#### [The task]
Report every line below that carries the word "Effect".
========================
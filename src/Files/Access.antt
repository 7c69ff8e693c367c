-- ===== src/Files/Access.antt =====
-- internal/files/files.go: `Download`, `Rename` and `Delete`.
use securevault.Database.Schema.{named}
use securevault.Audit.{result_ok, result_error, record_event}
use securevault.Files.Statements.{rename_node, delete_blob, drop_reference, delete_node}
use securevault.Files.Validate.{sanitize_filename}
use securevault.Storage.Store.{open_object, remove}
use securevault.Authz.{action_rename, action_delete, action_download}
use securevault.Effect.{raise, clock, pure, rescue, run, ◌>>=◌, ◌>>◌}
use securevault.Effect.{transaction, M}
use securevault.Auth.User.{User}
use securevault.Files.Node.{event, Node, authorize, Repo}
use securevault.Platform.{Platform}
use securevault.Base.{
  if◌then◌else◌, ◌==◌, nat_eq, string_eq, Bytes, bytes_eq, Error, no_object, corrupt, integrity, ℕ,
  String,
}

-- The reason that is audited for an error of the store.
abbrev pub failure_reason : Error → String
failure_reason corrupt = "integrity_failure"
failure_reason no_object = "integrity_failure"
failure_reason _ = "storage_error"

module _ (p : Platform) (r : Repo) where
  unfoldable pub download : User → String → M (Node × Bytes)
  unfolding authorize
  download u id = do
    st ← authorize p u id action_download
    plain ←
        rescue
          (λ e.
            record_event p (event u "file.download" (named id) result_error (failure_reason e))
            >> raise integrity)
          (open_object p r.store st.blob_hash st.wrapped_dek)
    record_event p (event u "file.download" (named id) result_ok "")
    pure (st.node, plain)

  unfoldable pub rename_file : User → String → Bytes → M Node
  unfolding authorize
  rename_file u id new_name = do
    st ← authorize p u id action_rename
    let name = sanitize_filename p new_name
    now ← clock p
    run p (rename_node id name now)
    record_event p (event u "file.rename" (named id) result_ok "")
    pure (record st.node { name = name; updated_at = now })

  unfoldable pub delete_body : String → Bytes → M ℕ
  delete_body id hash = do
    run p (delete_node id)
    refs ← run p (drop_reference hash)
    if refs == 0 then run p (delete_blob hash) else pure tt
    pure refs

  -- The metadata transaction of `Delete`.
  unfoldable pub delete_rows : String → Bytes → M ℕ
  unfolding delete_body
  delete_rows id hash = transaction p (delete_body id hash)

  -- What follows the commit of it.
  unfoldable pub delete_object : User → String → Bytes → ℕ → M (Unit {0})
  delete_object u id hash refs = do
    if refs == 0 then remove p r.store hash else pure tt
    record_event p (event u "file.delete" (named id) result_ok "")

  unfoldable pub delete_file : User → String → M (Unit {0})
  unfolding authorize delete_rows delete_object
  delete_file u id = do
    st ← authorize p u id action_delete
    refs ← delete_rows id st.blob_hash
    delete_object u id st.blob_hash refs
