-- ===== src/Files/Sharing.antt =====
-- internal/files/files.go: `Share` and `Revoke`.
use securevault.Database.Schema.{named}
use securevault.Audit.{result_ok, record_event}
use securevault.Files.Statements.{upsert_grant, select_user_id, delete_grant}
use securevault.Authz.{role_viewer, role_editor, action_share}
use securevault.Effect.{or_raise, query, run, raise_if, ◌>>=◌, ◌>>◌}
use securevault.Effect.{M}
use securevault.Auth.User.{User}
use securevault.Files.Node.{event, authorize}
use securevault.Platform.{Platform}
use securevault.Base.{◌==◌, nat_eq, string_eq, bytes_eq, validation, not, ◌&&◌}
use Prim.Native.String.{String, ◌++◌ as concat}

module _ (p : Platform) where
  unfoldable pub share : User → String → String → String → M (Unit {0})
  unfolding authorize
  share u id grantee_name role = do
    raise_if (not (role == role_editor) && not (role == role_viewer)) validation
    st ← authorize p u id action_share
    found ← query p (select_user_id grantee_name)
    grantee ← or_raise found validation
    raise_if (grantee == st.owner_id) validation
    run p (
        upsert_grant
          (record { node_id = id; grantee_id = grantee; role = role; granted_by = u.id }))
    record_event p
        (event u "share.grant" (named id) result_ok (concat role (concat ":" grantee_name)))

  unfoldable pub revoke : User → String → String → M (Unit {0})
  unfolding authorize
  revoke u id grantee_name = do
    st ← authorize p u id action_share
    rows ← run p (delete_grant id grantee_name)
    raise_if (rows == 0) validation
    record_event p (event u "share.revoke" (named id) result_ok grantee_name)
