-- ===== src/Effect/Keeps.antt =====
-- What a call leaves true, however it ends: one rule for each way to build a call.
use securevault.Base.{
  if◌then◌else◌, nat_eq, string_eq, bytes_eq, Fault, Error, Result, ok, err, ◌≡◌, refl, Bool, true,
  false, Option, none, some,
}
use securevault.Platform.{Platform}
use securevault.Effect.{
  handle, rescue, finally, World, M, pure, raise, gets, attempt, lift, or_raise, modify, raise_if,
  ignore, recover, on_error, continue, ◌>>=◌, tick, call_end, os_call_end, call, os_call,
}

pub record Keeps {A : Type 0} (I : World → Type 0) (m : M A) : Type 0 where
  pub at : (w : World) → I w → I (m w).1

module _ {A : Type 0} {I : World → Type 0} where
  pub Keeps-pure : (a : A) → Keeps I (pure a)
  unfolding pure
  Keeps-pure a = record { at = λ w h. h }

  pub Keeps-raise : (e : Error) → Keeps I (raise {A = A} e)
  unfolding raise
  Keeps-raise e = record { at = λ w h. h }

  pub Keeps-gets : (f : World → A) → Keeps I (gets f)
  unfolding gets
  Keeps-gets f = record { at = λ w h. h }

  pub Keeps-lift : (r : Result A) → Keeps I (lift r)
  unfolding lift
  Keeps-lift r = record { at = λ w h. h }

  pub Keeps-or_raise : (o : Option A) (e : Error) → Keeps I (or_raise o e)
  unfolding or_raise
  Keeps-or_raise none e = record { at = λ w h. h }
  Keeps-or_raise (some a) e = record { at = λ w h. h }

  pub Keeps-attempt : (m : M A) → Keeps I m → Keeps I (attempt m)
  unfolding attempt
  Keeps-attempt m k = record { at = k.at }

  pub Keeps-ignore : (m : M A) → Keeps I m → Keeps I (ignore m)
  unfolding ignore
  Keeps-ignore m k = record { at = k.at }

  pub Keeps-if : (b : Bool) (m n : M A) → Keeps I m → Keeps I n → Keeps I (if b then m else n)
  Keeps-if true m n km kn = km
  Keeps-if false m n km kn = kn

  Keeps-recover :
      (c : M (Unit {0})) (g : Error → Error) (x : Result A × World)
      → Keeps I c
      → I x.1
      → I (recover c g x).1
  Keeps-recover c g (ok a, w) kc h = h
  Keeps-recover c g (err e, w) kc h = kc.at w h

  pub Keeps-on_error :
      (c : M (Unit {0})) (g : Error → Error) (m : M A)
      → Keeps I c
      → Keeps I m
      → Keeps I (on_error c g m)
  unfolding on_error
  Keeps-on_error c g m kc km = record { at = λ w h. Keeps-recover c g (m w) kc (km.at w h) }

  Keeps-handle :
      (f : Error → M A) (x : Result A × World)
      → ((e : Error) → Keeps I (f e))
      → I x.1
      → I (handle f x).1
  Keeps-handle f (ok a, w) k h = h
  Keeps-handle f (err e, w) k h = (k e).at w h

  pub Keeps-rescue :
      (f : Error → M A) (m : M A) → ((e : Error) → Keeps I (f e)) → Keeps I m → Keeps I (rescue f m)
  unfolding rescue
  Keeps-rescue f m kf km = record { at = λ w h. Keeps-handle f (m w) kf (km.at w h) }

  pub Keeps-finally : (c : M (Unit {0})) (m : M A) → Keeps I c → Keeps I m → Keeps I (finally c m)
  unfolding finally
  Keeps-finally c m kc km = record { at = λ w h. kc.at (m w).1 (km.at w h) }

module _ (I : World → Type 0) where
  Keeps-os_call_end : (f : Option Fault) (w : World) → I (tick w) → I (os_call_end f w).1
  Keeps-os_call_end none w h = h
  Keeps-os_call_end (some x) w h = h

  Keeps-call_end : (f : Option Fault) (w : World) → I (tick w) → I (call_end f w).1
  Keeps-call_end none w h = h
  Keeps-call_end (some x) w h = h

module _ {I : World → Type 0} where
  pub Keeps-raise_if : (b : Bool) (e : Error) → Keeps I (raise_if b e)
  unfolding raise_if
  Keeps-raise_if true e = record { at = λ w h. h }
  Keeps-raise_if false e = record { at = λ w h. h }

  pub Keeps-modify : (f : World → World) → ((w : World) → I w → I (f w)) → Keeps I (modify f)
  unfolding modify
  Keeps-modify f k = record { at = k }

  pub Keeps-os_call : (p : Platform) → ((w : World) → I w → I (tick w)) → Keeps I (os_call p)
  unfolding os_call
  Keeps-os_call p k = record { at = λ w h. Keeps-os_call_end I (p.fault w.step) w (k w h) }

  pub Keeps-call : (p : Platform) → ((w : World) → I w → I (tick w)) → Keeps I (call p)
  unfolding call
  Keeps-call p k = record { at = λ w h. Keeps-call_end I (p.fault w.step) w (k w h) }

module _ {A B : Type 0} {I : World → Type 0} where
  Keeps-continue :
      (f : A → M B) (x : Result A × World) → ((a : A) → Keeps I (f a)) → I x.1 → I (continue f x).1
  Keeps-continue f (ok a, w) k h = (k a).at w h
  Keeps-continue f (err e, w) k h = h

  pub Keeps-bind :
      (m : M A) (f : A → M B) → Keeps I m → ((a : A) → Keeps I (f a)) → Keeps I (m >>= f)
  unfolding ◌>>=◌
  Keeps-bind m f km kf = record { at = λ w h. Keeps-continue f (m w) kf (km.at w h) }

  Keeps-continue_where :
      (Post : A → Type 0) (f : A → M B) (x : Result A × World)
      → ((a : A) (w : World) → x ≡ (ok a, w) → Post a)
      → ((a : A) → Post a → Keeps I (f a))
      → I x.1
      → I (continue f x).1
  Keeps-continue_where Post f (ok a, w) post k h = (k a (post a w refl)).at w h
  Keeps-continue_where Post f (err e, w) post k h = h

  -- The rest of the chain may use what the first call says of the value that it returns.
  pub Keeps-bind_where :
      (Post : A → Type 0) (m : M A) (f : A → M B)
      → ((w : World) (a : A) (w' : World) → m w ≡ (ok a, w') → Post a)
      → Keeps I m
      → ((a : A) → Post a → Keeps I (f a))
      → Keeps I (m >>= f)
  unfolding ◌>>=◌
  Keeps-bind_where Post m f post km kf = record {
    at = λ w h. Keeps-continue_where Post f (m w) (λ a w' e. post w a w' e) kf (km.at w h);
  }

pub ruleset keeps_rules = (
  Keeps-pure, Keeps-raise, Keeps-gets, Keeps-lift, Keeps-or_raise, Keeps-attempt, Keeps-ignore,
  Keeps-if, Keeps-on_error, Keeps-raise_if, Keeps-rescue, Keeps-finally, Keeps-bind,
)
========================
#### [Answer for this exercise]
use securevault.Effect.{raise, clock, pure, rescue, run, ◌>>=◌, ◌>>◌}
use securevault.Effect.{transaction, M}
use securevault.Effect.{or_raise, query, run, raise_if, ◌>>=◌, ◌>>◌}
use securevault.Effect.{M}
-- ===== src/Effect/Keeps.antt =====
use securevault.Effect.{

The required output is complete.